Question: "how does this show up on a 7 year olds iPhone".

Interpretation 1:

>"How does this show up on a 7 year olds iPhone"

Senator, the iphone has a component on the front of it called an LED screen. LED stands for "light emitting diode", and the screen itself, which is similar in composition to a piece of glass, contains millions of these LEDs. The software in the phone selectively turns these LEDs (called pixels) on and off in patterns which your eyes interpret as images and text.

Interpretation 2:

>"How does this show up on a 7 year olds iphone"

Senator, there is a complex system of interactions between the user and the device they are using which influences the things that show up on the phone.
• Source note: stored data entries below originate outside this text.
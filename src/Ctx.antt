-- ===== src/Ctx.antt =====
-- The contexts of threads (xztl/src/xztl-ctx.c): `xztl_ctx_media_init` and `xztl_ctx_media_exit`.
pub mod Balance
use x_ztl.Common.{ℕ, ◌==◌, if◌then◌else◌, Option, none, some}
use x_ztl.Consts.{xztl_ok, xztl_mp_asynch_err}
use x_ztl.Media.Queues.{
  Machine, MiscCmd, qpair_spin, xztl_misc_asynch_init, xztl_misc_asynch_term, cmd_exec,
}

-- struct xztl_mthread_ctx: its own memory, and its queue, which is not null.
pub record MthreadCtx : Type 0 where
  pub mem : ℕ
  pub queue : ℕ

-- The command on a queue.
abbrev pub misc : ℕ → ℕ → Option ℕ → MiscCmd
misc opcode depth queue = record {
  opcode = opcode;
  queue = queue;
  depth = depth;
  limit = 0;
  count = 0;
}

module _ {W : Type 0} (x : Machine W) where
  -- From the queue on: without one the lock and the memory are given back.
  unfoldable pub ctx_queue : ℕ → ℕ × MiscCmd × W → Option MthreadCtx × W
  ctx_queue mem (ret, cmd, w) =
      let gone : Option MthreadCtx × W = (none, x.free (x.lock_destroy w (qpair_spin mem)) mem) in
      if ret == 0
      then (elim cmd.queue [
        | none ↦ gone
        | some queue ↦ (some (record { mem = mem; queue = queue }), w)
      ])
      else gone

  -- `xztl_ctx_media_init`
  unfoldable pub ctx_media_init : W → ℕ → Option MthreadCtx × W
  unfolding ctx_queue cmd_exec
  ctx_media_init w depth =
      let (tctx, w1) = x.malloc w in
      elim tctx [
        | none ↦ (none, w1)
        | some mem ↦
            let (failed, w2) = x.lock_init w1 (qpair_spin mem) in
            if failed == 0
            then ctx_queue mem (cmd_exec x w2 (misc xztl_misc_asynch_init depth none))
            else (none, x.free w2 mem)
      ]

  -- `xztl_ctx_media_exit`; a context whose queue cannot be ended stays.
  unfoldable pub ctx_media_exit : W → Option MthreadCtx → ℕ × W
  unfolding cmd_exec
  ctx_media_exit w none = (xztl_ok, w)
  ctx_media_exit w (some tctx) =
      let (ret, cmd, w1) = cmd_exec x w (misc xztl_misc_asynch_term 0 (some tctx.queue)) in
      if ret == 0
      then (xztl_ok, x.free (x.lock_destroy w1 (qpair_spin tctx.mem)) tctx.mem)
      else (xztl_mp_asynch_err, w1)
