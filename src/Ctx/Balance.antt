-- ===== src/Ctx/Balance.antt =====
-- What the contexts of threads take of the machine, and that they give it back.
use x_ztl.Common.{
  ℕ, ◌+◌, ◌≡◌, refl, ◌∙◌, inl, inr, ◌==◌, if◌then◌else◌, Option, none, some, Bool-cases,
  Option-cases, arith,
}
use x_ztl.Media.Queues.{Machine, Lock, qpair_spin, cmd_exec}
use x_ztl.Ctx.{MthreadCtx, ctx_queue, ctx_media_init, ctx_media_exit}

-- The kinds of what is taken.
pub data Kind : Type 0 where
  memory buffer lock thread queue : Kind

-- 1 where the kinds are the same.
unfoldable pub unit : Kind → Kind → ℕ
unit memory memory = 1
unit buffer buffer = 1
unit lock lock = 1
unit thread thread = 1
unit queue queue = 1
unit _ _ = 0

-- What a pointer or a result of this kind counts for the kind `j`.
unfoldable pub taken : Kind → Kind → Option ℕ → ℕ
taken j k none = 0
taken j k (some h) = unit j k

unfoldable pub made : Kind → Kind → ℕ → ℕ
made j k ret = if ret == 0 then unit j k else 0

unfoldable pub opened : Kind → ℕ → Option ℕ → ℕ
unfolding taken
opened j ret q = if ret == 0 then taken j queue q else 0

-- `held` counts what is taken, by its kind. Queues end without an error.
pub record Counts {W : Type 0} (x : Machine W) (held : W → Kind → ℕ) : Type 0 where
  pub mallocs :
      (w : W) (j : Kind) → held (x.malloc w).1 j ≡ held w j + taken j memory (x.malloc w).0
  pub frees : (w : W) (h n : ℕ) (j : Kind) → held w j ≡ n + unit j memory → held (x.free w h) j ≡ n
  pub dma_allocs :
      (w : W) (b : ℕ) (j : Kind)
      → held (x.dma_alloc w b).1 j ≡ held w j + taken j buffer (x.dma_alloc w b).0
  pub dma_frees :
      (w : W) (o : Option ℕ) (n : ℕ) (j : Kind)
      → held w j ≡ n + taken j buffer o
      → held (x.dma_free w o) j ≡ n
  pub lock_inits :
      (w : W) (l : Lock) (j : Kind)
      → held (x.lock_init w l).1 j ≡ held w j + made j lock (x.lock_init w l).0
  pub lock_destroys :
      (w : W) (l : Lock) (n : ℕ) (j : Kind)
      → held w j ≡ n + unit j lock
      → held (x.lock_destroy w l) j ≡ n
  pub queue_inits :
      (w : W) (depth : ℕ) (j : Kind)
      → held (x.queue_init w depth).2 j
        ≡ held w j + opened j (x.queue_init w depth).0 (x.queue_init w depth).1
  pub queue_ends : (w : W) (q : ℕ) → (x.queue_term w (some q)).0 ≡ 0
  pub queue_terms :
      (w : W) (q n : ℕ) (j : Kind)
      → held w j ≡ n + unit j queue
      → held (x.queue_term w (some q)).1 j ≡ n
  pub thread_creates :
      (w : W) (level : ℕ) (j : Kind)
      → held (x.thread_create w level).1 j ≡ held w j + made j thread (x.thread_create w level).0
  pub thread_joins :
      (w w' : W) (level n : ℕ) (j : Kind)
      → x.thread_join w level ≡ some w'
      → held w j ≡ n + unit j thread
      → held w' j ≡ n

-- A context is a piece of memory, a lock and a queue.
unfoldable pub ctx_cost : Kind → Option MthreadCtx → ℕ
ctx_cost j none = 0
ctx_cost j (some c) = unit j memory + unit j lock + unit j queue

module _ {W : Type 0} (x : Machine W) (held : W → Kind → ℕ) (counts : Counts x held)
    (j : Kind) where
  -- Without a queue, what the context has taken is given back.
  ctx_gone :
      (w : W) (mem n : ℕ)
      → held w j ≡ n + unit j memory + unit j lock
      → held (x.free (x.lock_destroy w (qpair_spin mem)) mem) j ≡ n
  ctx_gone w mem n h =
      counts.frees (x.lock_destroy w (qpair_spin mem)) mem n j
        (counts.lock_destroys w (qpair_spin mem) (n + unit j memory) j h)

  -- `xztl_ctx_media_init` takes memory, a lock and a queue where it gives a context, and nothing where
  -- it gives none, whichever of its steps fails.
  pub ctx_media_init-cost :
      (w : W) (depth : ℕ)
      → held (ctx_media_init x w depth).1 j ≡ held w j + ctx_cost j (ctx_media_init x w depth).0
  unfolding ctx_media_init ctx_queue cmd_exec taken made opened ctx_cost
  ctx_media_init-cost w depth =
      let mallocs = counts.mallocs w j in
      elim (Option-cases (x.malloc w).0) [
        | inl gone ↦ rw (ctx_media_init, gone) (mallocs ∙ rw gone refl)
        | inr (mem, got) ↦
            let w1 = (x.malloc w).1 in
            let one : held w1 j ≡ held w j + unit j memory = rw got at mallocs in
            let locks = counts.lock_inits w1 (qpair_spin mem) j in
            let w2 = (x.lock_init w1 (qpair_spin mem)).1 in
            elim (Bool-cases ((x.lock_init w1 (qpair_spin mem)).0 == 0)) [
              | inr failed ↦
                  rw (ctx_media_init, ctx_queue, cmd_exec, got, failed)
                    (counts.frees w2 mem (held w j + 0) j
                      (omega (arith, (rw failed at locks), one)))
              | inl locked ↦
                  let two : held w2 j ≡ held w j + unit j memory + unit j lock =
                    omega (arith, (rw locked at locks), one) in
                  let queues = counts.queue_inits w2 depth j in
                  let w3 = (x.queue_init w2 depth).2 in
                  elim (Bool-cases ((x.queue_init w2 depth).0 == 0)) [
                    | inr failed ↦
                        rw (ctx_media_init, ctx_queue, cmd_exec, got, locked, failed)
                          (ctx_gone w3 mem (held w j + 0)
                            (omega (arith, (rw failed at queues), two)))
                    | inl ok ↦ elim (Option-cases (x.queue_init w2 depth).1) [
                      | inl null ↦
                          rw (ctx_media_init, ctx_queue, cmd_exec, got, locked, ok, null)
                            (ctx_gone w3 mem (held w j + 0)
                              (omega (arith, (rw (ok, null) at queues), two)))
                      | inr (q, some_q) ↦
                          rw (ctx_media_init, ctx_queue, cmd_exec, got, locked, ok, some_q)
                            (omega (arith, (rw (ok, some_q) at queues), two))
                    ]
                  ]
            ]
      ]

  -- `xztl_ctx_media_exit` gives back what the context has taken.
  pub ctx_media_exit-cost :
      (w : W) (c : Option MthreadCtx) (n : ℕ)
      → held w j ≡ n + ctx_cost j c
      → held (ctx_media_exit x w c).1 j ≡ n
  unfolding ctx_media_exit cmd_exec ctx_cost
  ctx_media_exit-cost w none n h = omega (arith, h)
  ctx_media_exit-cost w (some c) n h =
      rw (ctx_media_exit, cmd_exec, counts.queue_ends w c.queue)
        (ctx_gone (x.queue_term w (some c.queue)).1 c.mem n
          (counts.queue_terms w c.queue (n + unit j memory + unit j lock) j (omega (arith, h))))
I'm not sure what specific actions your grand daughter took to cause that specific ad to show up on her phone; one of the goals of interface design is to allow the user to precisely indicate to the device or software system what it is that they wish to see, or have the system produce. Likely there were some actions that your grand daughter took that caused the ad you are concerned about to appear, and some of these actions were likely tracked as a part of an advertising network which takes into account previous actions, location, browsing histo..

<Speaker the senators time is expired>

Interpretation 3:

>"How does this show up on a 7 year olds iphone"

Senator I am not sure how the age of your granddaughter is effecting that advertisements that she is seeing in this specific case, however I can tell you that at google, age is certainly a part of the algorithm we use to select which ads we show to children.

Interpretation 4:

>"How does this show up on a 7 year olds iphone"

Senator my company doesn't make the iphone.



> possible interpretations of the officially recorded question and see if we can figure out what the congressman meant.

This is not how things work legally. If they want better answers they need better questions. It's not about interpreting what they meant but never actually said. Especially when what they said it accusatory of Google and very likely false. He asked a terrible question, and you're bending over backwards to interpret it in the most charitable way possible. That's fine on HN, or in a group of friends. That is not how things work at a congressional hearing. If I was Sundar, my answer would be that without photographic proof I don't believe this ever actually happened.

Cheers to whomever is downvoting my responses. It doesn't change the fact that it was a bad question and it got a deservedly snarky answer. I'm leaving this thread, it's clear most people here don't want to understand ads and just want to be angry at the big corp.


I do make a habit of trying to understand what somebody meant instead of trying to twist their words into something inflammatory.

It’s worked out really well for me so far.